== ASSIGNMENT ==
Once you reach the line that holds "pub soldier_info_by_ids : ℕ" in the listing below, output it and every line after it through the line that holds "star_of ratio b", word for word.

== INPUT ==
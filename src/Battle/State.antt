-- ===== src/Battle/State.antt =====
-- workers/pvp_worker/BattleMap.h, BattleMap.cpp, BattleMapManager.cpp and PlayerManager.cpp: a battle,
-- and the tables of battles, of pairs of players and of players that are online. Values that the worker
-- only passes on, floats and packed lists, are the numbers or the bytes that they arrive as.
use cpp_framework.Prelude.{
  ℕ, ◌+◌, ◌*◌, ◌/◌, ◌%◌, ◌^◌, Bool, true, false, ◌&&◌, Option, none, some, List, ◌∷◌, nat_key,
  Bytes, Dict, lookup, assign, erase, if◌then◌else◌, ltb, leb, int_add, nat_eq,
}

pub record Loot : Type 0 where
  pub wood : ℕ
  pub stone : ℕ
  pub ore : ℕ
  pub concrete : ℕ

pub record BattleMap : Type 0 where
  pub ticks : ℕ
  pub attacker_id : ℕ
  pub defender_id : ℕ
  pub building_num : ℕ
  pub died_building_num : ℕ
  pub townhall_is_died : Bool
  pub star_num : ℕ
  pub atker_point : ℕ
  pub dfder_point : ℕ
  pub is_start : Bool
  pub loot : Loot

-- What redis and the reading of numbers answer.
pub record RedisClient (Db : Type 0) : Type 0 where
  pub game_to_int : Bytes → ℕ
  pub player_points : ℕ → Db → Bytes
  pub username : ℕ → Db → Bytes
  pub player_id_by_uname : Bytes → Db → Option ℕ
  pub soldier_info_by_ids : ℕ → List Bytes → Db → Bytes
  pub defender_soldiers : ℕ → Db → Bytes
  pub building_type : ℕ → Bytes → Db → Option ℕ
  pub building_cur_res : ℕ → Bytes → Db → Option ℕ
  pub set_soldier_die : ℕ → Bytes → Db → Db
  pub plus_player_point : ℕ → ℕ → Db → Db

-- The constructor of `BattleMap`. The number of buildings that it reads it replaces by 50.
unfoldable pub new_battle_map : {Db : Type 0} → RedisClient Db → ℕ → ℕ → Db → BattleMap
new_battle_map redis attacker defender db = record {
  ticks = 0;
  attacker_id = attacker;
  defender_id = defender;
  building_num = 50;
  died_building_num = 0;
  townhall_is_died = false;
  star_num = 0;
  atker_point = redis.game_to_int (redis.player_points attacker db);
  dfder_point = redis.game_to_int (redis.player_points attacker db);
  is_start = true;
  loot = record { wood = 0; stone = 0; ore = 0; concrete = 0 };
}

-- `getCurTick`: the counter as a short.
unfoldable pub cur_tick : BattleMap → ℕ
cur_tick b = b.ticks % 2 ^ 16

-- `update`
unfoldable pub plus_cur_tick : BattleMap → BattleMap
plus_cur_tick b = record b { ticks = (b.ticks + 1) % 2 ^ 32 }

-- The quotient of two unsigned numbers, in the comparisons with 0.5 and 1.0.
unfoldable pub star_of : ℕ → BattleMap → ℕ
star_of ratio b =
    if leb 1 (ratio * 2) && ltb ratio 1
    then if b.townhall_is_died then 2 else 1
    else if leb 1 ratio
    then 3
    else b.star_num

unfoldable pub plus_died_building_num : BattleMap → BattleMap
unfolding star_of
plus_died_building_num b =
    let died =
      if ltb b.died_building_num b.building_num
      then b.died_building_num + 1
      else b.died_building_num in
    record b { died_building_num = died; star_num = star_of (died / b.building_num) b }

-- `setWoodLoot` and its like, by the type of the building.
unfoldable pub add_loot : ℕ → ℕ → Loot → Loot
add_loot building_type amount l =
    if nat_eq building_type 1
    then record l { wood = int_add l.wood amount }
    else if nat_eq building_type 2
    then record l { stone = int_add l.stone amount }
    else if nat_eq building_type 3
    then record l { ore = int_add l.ore amount }
    else if nat_eq building_type 4
    then record l { concrete = int_add l.concrete amount }
    else l

-- What the players are sent. The loot is `none` where the code leaves it unset.
pub data Message : Type 0 where
  being_atk : ℕ → Bytes → Message
  dfder_login : ℕ → Bytes → Message
  dfder_logout atker_logout ask_cur_state : Message
  start_atk_to_dfder : Bytes → ℕ → ℕ → ℕ → Message
  start_atk_to_atker : Bytes → Bool → Message
  request_ack : ℕ → Message
  hero_cast_skill : ℕ → Bool → List Bytes → ℕ → Message
  object_die : Bytes → Bool → Message
  hero_move : ℕ → ℕ → ℕ → Message
  cur_battle_info : Bytes → Message
  dfder_isready : Bool → Message
  report_cur_state : Bytes → Message
  set_rallypoint : ℕ → ℕ → Bytes → Bool → Message
  atker_stop_battle : Bool → Message
  battle_result_to_atker battle_result_to_dfder : ℕ → ℕ → Option Loot → Message

-- The static tables of the worker, what redis holds, and the messages that were sent, last first.
pub record Server (Db : Type 0) : Type 0 where
  pub battle_maps : Dict ℕ BattleMap
  pub player_pairs : Dict ℕ ℕ
  pub online_players : Dict ℕ ℕ
  pub db : Db
  pub sent : List (ℕ × Message)

abbrev pub present {ℓ} : {A : Type ℓ} → Option A → Bool
present none = false
present (some a) = true

peer_of_pair : Option ℕ → ℕ
peer_of_pair none = 0
peer_of_pair (some peer) = peer

module _ {Db : Type 0} where
  unfoldable pub send_to_player : Message → ℕ → Server Db → Server Db
  send_to_player m uid s = record s { sent = (uid, m) ∷ s.sent }

  -- 1 for a defender, 2 for an attacker, 0 for neither.
  unfoldable pub is_attacker_or_defender : ℕ → Server Db → ℕ
  is_attacker_or_defender uid s =
      if present (lookup uid s.battle_maps)
      then 1
      else if present (lookup uid s.player_pairs)
      then 2
      else 0

  -- 0 where there is no battle.
  unfoldable pub get_peer_uid : ℕ → Server Db → ℕ
  unfolding peer_of_pair
  get_peer_uid uid s = elim (lookup uid s.battle_maps) [
    | some b ↦ b.attacker_id
    | none ↦ peer_of_pair (lookup uid s.player_pairs)
  ]

  unfoldable pub deinitialize_battle_map : ℕ → Server Db → Server Db
  deinitialize_battle_map uid s = record s { battle_maps = erase uid s.battle_maps }

  unfoldable pub insert_battle_map : ℕ → BattleMap → Server Db → Bool × Server Db
  insert_battle_map uid item s = if present (lookup uid s.battle_maps) then (false, s) else (
    true,
    record s {
      battle_maps = assign uid item s.battle_maps;
      player_pairs = assign item.attacker_id uid s.player_pairs;
    },
  )

  unfoldable pub store_battle_map : ℕ → BattleMap → Server Db → Server Db
  store_battle_map uid b s = record s { battle_maps = assign uid b s.battle_maps }

  unfoldable pub is_online : ℕ → Server Db → Bool
  is_online uid s = present (lookup uid s.online_players)

  unfoldable pub user_login : ℕ → ℕ → Server Db → Server Db
  user_login now uid s = record s { online_players = assign uid now s.online_players }

  unfoldable pub user_logout : ℕ → Server Db → Server Db
  user_logout uid s = record s { online_players = erase uid s.online_players }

== PROBLEM SOLUTION ==
  pub soldier_info_by_ids : ℕ → List Bytes → Db → Bytes
  pub defender_soldiers : ℕ → Db → Bytes
  pub building_type : ℕ → Bytes → Db → Option ℕ
  pub building_cur_res : ℕ → Bytes → Db → Option ℕ
  pub set_soldier_die : ℕ → Bytes → Db → Db
  pub plus_player_point : ℕ → ℕ → Db → Db

-- The constructor of `BattleMap`. The number of buildings that it reads it replaces by 50.
unfoldable pub new_battle_map : {Db : Type 0} → RedisClient Db → ℕ → ℕ → Db → BattleMap
new_battle_map redis attacker defender db = record {
  ticks = 0;
  attacker_id = attacker;
  defender_id = defender;
  building_num = 50;
  died_building_num = 0;
  townhall_is_died = false;
  star_num = 0;
  atker_point = redis.game_to_int (redis.player_points attacker db);
  dfder_point = redis.game_to_int (redis.player_points attacker db);
  is_start = true;
  loot = record { wood = 0; stone = 0; ore = 0; concrete = 0 };
}

-- `getCurTick`: the counter as a short.
unfoldable pub cur_tick : BattleMap → ℕ
cur_tick b = b.ticks % 2 ^ 16

-- `update`
unfoldable pub plus_cur_tick : BattleMap → BattleMap
plus_cur_tick b = record b { ticks = (b.ticks + 1) % 2 ^ 32 }

-- The quotient of two unsigned numbers, in the comparisons with 0.5 and 1.0.
unfoldable pub star_of : ℕ → BattleMap → ℕ
star_of ratio b =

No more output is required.